3. Type Casting and JSONB Handling¶
3.1 Type Casting Strategy¶
The BaseOperatorStrategy._apply_type_cast() method (L54-126) handles PostgreSQL type casting:
def _apply_type_cast(
self, path_sql: SQL, val: Any, op: str, field_type: type | None = None
) -> SQL | Composed:
"""Apply appropriate type casting to the JSONB path."""
# IP address types - special handling
if field_type and is_ip_address_type(field_type) and op in ("eq", "neq", ...):
return Composed([SQL("host("), path_sql, SQL("::inet)")])
# MAC addresses - detect from value when field_type missing
if looks_like_mac_address_value(val, op):
return Composed([SQL("("), path_sql, SQL(")::macaddr")])
# IP addresses - detect from value (production CQRS pattern)
if looks_like_ip_address_value(val, op):
return Composed([SQL("("), path_sql, SQL(")::inet")])
# LTree paths - detect from value
if looks_like_ltree_value(val, op):
return Composed([SQL("("), path_sql, SQL(")::ltree")])
# DateRange values - detect from value
if looks_like_daterange_value(val, op):
return Composed([SQL("("), path_sql, SQL(")::daterange")])
# Numeric values
if isinstance(val, (int, float, Decimal)):
return Composed([SQL("("), path_sql, SQL(")::numeric")])
# Datetime values
if isinstance(val, datetime):
return Composed([SQL("("), path_sql, SQL(")::timestamp")])
Critical: When field_type is not provided (common in production CQRS patterns), the system falls back to value heuristics to detect types.
3.2 Production-Mode Type Detection¶
When field type information is lost (production CQRS queries), FraiseQL detects types from values:
IP Address Detection:¶
def _looks_like_ip_address_value(self, val: Any, op: str) -> bool:
"""Detect IP addresses (fallback when field_type missing)."""
if isinstance(val, str):
try:
ipaddress.ip_address(val) # Try parse
return True
except ValueError:
try:
ipaddress.ip_network(val, strict=False) # Try CIDR
return True
except ValueError:
pass
# Heuristic: IPv4-like pattern
if val.count(".") == 3 and all(0 <= int(p) <= 255 for p in val.split(".")):
return True
# Heuristic: IPv6-like pattern (contains hex + colons)

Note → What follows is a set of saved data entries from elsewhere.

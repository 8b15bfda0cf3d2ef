-- ===== src/Store/Written.antt =====
-- What the functions that write and delete a request have in common (backupSession.c), and that the children
-- of a node that is written have the keys by which it is deleted.
use icwmp.Prelude.{ℕ, Bool, Option, none, some, List, [], ◌∷◌, ◌≡◌, refl, ap, ◌∙◌}
use icwmp.Prelude.Decimal.{sprintf_d}
use icwmp.Prelude.Text.{Text, strcmp, str_eq_self}
use icwmp.Store.Node.{
  Node, null, element, insert_all, insert_node, SearchKeywords, keys_left, bkp_session_node_found,
  insert_unless_found, delete_found, delete_at, bkp_session_insert,
}
use icwmp.Store.Request.{
  Request, schedule_inform, download, schedule_download, apply_schedule_download, change_du_state,
  upload, transfer_complete, du_state_change_complete, node_name, delete_keys, insert_keys,
  delete_request, save_request, children,
}
use icwmp.Store.Requests.{
  DuStateType, du_install, du_update, du_uninstall, TransferComplete, Operation, OpResult,
}
use icwmp.Store.Search.{keys_left-insert_all, value_matches_self, keys_left-add_last, keys_left_nil}
use icwmp.Store.Writers.{
  transfer_complete_keys, transfer_complete_fields, bkp_session_insert_schedule_inform,
  bkp_session_insert_download, bkp_session_insert_schedule_download,
  bkp_session_insert_apply_schedule_download, bkp_session_insert_upload,
  bkp_session_insert_transfer_complete, bkp_session_delete_schedule_inform,
  bkp_session_delete_download, bkp_session_delete_schedule_download,
  bkp_session_delete_apply_schedule_download, bkp_session_delete_upload,
  bkp_session_delete_transfer_complete,
}
use icwmp.Store.DuWriters.{
  change_du_state_keys, du_state_change_complete_keys, insert_operation, insert_operations,
  insert_opresult, insert_opresults, bkp_session_insert_change_du_state,
  bkp_session_delete_change_du_state, bkp_session_insert_du_state_change_complete,
  bkp_session_delete_du_state_change_complete,
}

-- What the functions that write a request have in common.
module _ (sprintf_b : Bool → Text) where
  abbrev pub save_with : Option (List SearchKeywords) → Node → Request → Node
  save_with none t q = insert_node t (node_name q) (children sprintf_b q)
  save_with (some ks) t q = elim (bkp_session_node_found t (node_name q) ks) [
    | some p ↦ t
    | none ↦ insert_node t (node_name q) (children sprintf_b q)
  ]

  pub save_request-save_with :
      (t : Node) (q : Request) → save_request sprintf_b t q ≡ save_with (insert_keys q) t q
  unfolding bkp_session_insert_schedule_inform bkp_session_insert_download
      bkp_session_insert_schedule_download bkp_session_insert_apply_schedule_download
      bkp_session_insert_change_du_state bkp_session_insert_upload
      bkp_session_insert_transfer_complete bkp_session_insert_du_state_change_complete
      insert_unless_found
  save_request-save_with t (schedule_inform r) = refl
  save_request-save_with t (download r) = refl
  save_request-save_with t (schedule_download r) = refl
  save_request-save_with t (apply_schedule_download r) = refl
  save_request-save_with t (change_du_state r) = refl
  save_request-save_with t (upload r) = refl
  save_request-save_with t (transfer_complete r) = refl
  save_request-save_with t (du_state_change_complete r) = refl

pub delete_request-delete_found :
    (t : Node) (q : Request) → delete_request t q ≡ delete_found t (node_name q) (delete_keys q)
unfolding bkp_session_delete_schedule_inform bkp_session_delete_download
    bkp_session_delete_schedule_download bkp_session_delete_apply_schedule_download
    bkp_session_delete_change_du_state bkp_session_delete_upload
    bkp_session_delete_transfer_complete bkp_session_delete_du_state_change_complete
delete_request-delete_found t (schedule_inform r) = refl
delete_request-delete_found t (download r) = refl
delete_request-delete_found t (schedule_download r) = refl
delete_request-delete_found t (apply_schedule_download r) = refl
delete_request-delete_found t (change_du_state r) = refl
delete_request-delete_found t (upload r) = refl
delete_request-delete_found t (transfer_complete r) = refl
delete_request-delete_found t (du_state_change_complete r) = refl

-- Keys that are found stay found when children follow.
pub keys_left-behind :
    (b c : Node) (m : Text) (ks : List SearchKeywords)
    → keys_left b ks ≡ []
    → keys_left (insert_node b m c) ks ≡ []
keys_left-behind b c m ks h =
    keys_left-add_last b (element m c null) ks
    ∙ ap (keys_left (element m c null)) h
    ∙ keys_left_nil (element m c null)

keys_left-operation :
    (ty : DuStateType) (b : Node) (p : Operation) (ks : List SearchKeywords)
    → keys_left b ks ≡ []
    → keys_left (insert_operation b (record p { type = ty })) ks ≡ []
unfolding insert_operation
keys_left-operation du_install b p ks h = keys_left-behind b _ _ ks h
keys_left-operation du_update b p ks h = keys_left-behind b _ _ ks h
keys_left-operation du_uninstall b p ks h = keys_left-behind b _ _ ks h

keys_left-operations :
    (b : Node) (ps : List Operation) (ks : List SearchKeywords)
    → keys_left b ks ≡ []
    → keys_left (insert_operations b ps) ks ≡ []
unfolding insert_operations
keys_left-operations b [] ks h = h
keys_left-operations b (p ∷ ps) ks h =
    keys_left-operations (insert_operation b p) ps ks (keys_left-operation p.type b p ks h)

keys_left-opresults :
    (sprintf_b : Bool → Text) (b : Node) (ps : List OpResult) (ks : List SearchKeywords)
    → keys_left b ks ≡ []
    → keys_left (insert_opresults sprintf_b b ps) ks ≡ []
unfolding insert_opresults insert_opresult
keys_left-opresults f b [] ks h = h
keys_left-opresults f b (p ∷ ps) ks h =
    keys_left-opresults f (insert_opresult f b p) ps ks (keys_left-behind b _ _ ks h)

transfer_complete_found :
    (r : TransferComplete)
    → keys_left (insert_all null (transfer_complete_fields r)) (transfer_complete_keys r) ≡ []
unfolding bkp_session_insert keys_left strcmp
transfer_complete_found r =
    rw
      (
        value_matches_self r.command_key,
        value_matches_self r.start_time,
        value_matches_self r.complete_time,
        str_eq_self (sprintf_d r.fault_code),
        str_eq_self (sprintf_d r.type),
      )
      refl

-- The children that are written have the keys by which the request is deleted.
pub keys_left-children :
    (sprintf_b : Bool → Text) (q : Request) → keys_left (children sprintf_b q) (delete_keys q) ≡ []
keys_left-children f (schedule_inform r) = keys_left-insert_all _
keys_left-children f (download r) = keys_left-insert_all _
keys_left-children f (schedule_download r) = keys_left-insert_all _
keys_left-children f (apply_schedule_download r) = keys_left-insert_all _
keys_left-children f (change_du_state r) =
    keys_left-operations _ r.list_operation _ (keys_left-insert_all (change_du_state_keys r))
keys_left-children f (upload r) = keys_left-insert_all _
keys_left-children f (transfer_complete r) = transfer_complete_found r
keys_left-children f (du_state_change_complete r) =
    keys_left-opresults f _ r.list_opresult _
      (keys_left-insert_all (du_state_change_complete_keys r))

-- What is deleted where the search ends.
pub delete_found-at :
    (t : Node) (m : Text) (ks : List SearchKeywords) (o : Option ℕ)
    → bkp_session_node_found t m ks ≡ o
    → delete_found t m ks ≡ elim o [ some p ↦ delete_at t p | none ↦ t ]
unfolding delete_found
delete_found-at t m ks o e = ap (λ (x : Option ℕ). elim x [ some p ↦ delete_at t p | none ↦ t ]) e

-- What is inserted where the search ends.
pub save_with-at :
    (f : Bool → Text) (ks : List SearchKeywords) (t : Node) (q : Request) (o : Option ℕ)
    → bkp_session_node_found t (node_name q) ks ≡ o
    → save_with f (some ks) t q
      ≡ elim o [ some p ↦ t | none ↦ insert_node t (node_name q) (children f q) ]
save_with-at f ks t q o e =
    ap (λ (x : Option ℕ). elim x [ some p ↦ t | none ↦ insert_node t (node_name q) (children f q) ])
      e

pub insert_unless_found-none :
    (t : Node) (m : Text) (ks fs : List SearchKeywords)
    → bkp_session_node_found t m ks ≡ none
    → insert_unless_found t m ks fs ≡ insert_node t m (insert_all null fs)
unfolding insert_unless_found
insert_unless_found-none t m ks fs e =
    ap (λ (x : Option ℕ). elim x [ some p ↦ t | none ↦ insert_node t m (insert_all null fs) ]) e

if ":" in val and val.count(":") >= 2:
return all(c in "0123456789abcdefABCDEF:" for c in val)
return False
MAC Address Detection:¶
def _looks_like_mac_address_value(self, val: Any, op: str) -> bool:
"""Detect MAC addresses."""
mac_clean = val.replace(":", "").replace("-", "").replace(" ", "").upper()
# MAC is exactly 12 hex characters
if len(mac_clean) == 12 and all(c in "0123456789ABCDEF" for c in mac_clean):
return True
return False
LTree Detection:¶
def _looks_like_ltree_value(self, val: Any, op: str) -> bool:
"""Detect LTree hierarchical paths."""
# Pattern: dots separating alphanumeric/underscore/hyphen segments
# Exclude: domain names, IP addresses, .local domains
if not (val.startswith(("[", "(")) and val.endswith(("]", ")"))):
return False
# Check: at least one dot, no consecutive dots, valid chars
ltree_pattern = r"^[a-zA-Z0-9_-]+(\.[a-zA-Z0-9_-]+)+$"
# Avoid false positives: domain extensions, .local, IP-like patterns
last_part = val.split(".")[-1].lower()
if last_part in {"com", "net", "org", "local", "dev", "app", ...}:
return False
return bool(re.match(ltree_pattern, val))
DateRange Detection:¶
def _looks_like_daterange_value(self, val: Any, op: str) -> bool:
"""Detect PostgreSQL daterange format."""
# Pattern: [2024-01-01,2024-12-31] or (2024-01-01,2024-12-31)
pattern = r"^\[?\(?(\d{4}-\d{2}-\d{2}),\s*(\d{4}-\d{2}-\d{2})\)?\]?$"
return bool(re.match(pattern, val))
4. WHERE Clause Generation¶
4.1 WHERE Generator Architecture¶
Located in: /home/lionel/code/fraiseql/src/fraiseql/sql/where_generator.py
def safe_create_where_type(cls: type[object]) -> type[DynamicType]:
"""Create a WHERE clause type for a FraiseQL type.
Generates a dataclass with:
- Fields for each type attribute
- A `to_sql()` method returning parameterized SQL (psycopg Composed)
"""
4.2 Filter Input Types¶
Located in: /home/lionel/code/fraiseql/src/fraiseql/sql/graphql_where_generator.py
Generic Filters:
@fraise_input
class StringFilter:
eq: str | None = None
neq: str | None = None
contains: str | None = None
startswith: str | None = None
endswith: str | None = None
in_: list[str] | None = fraise_field(default=None, graphql_name="in")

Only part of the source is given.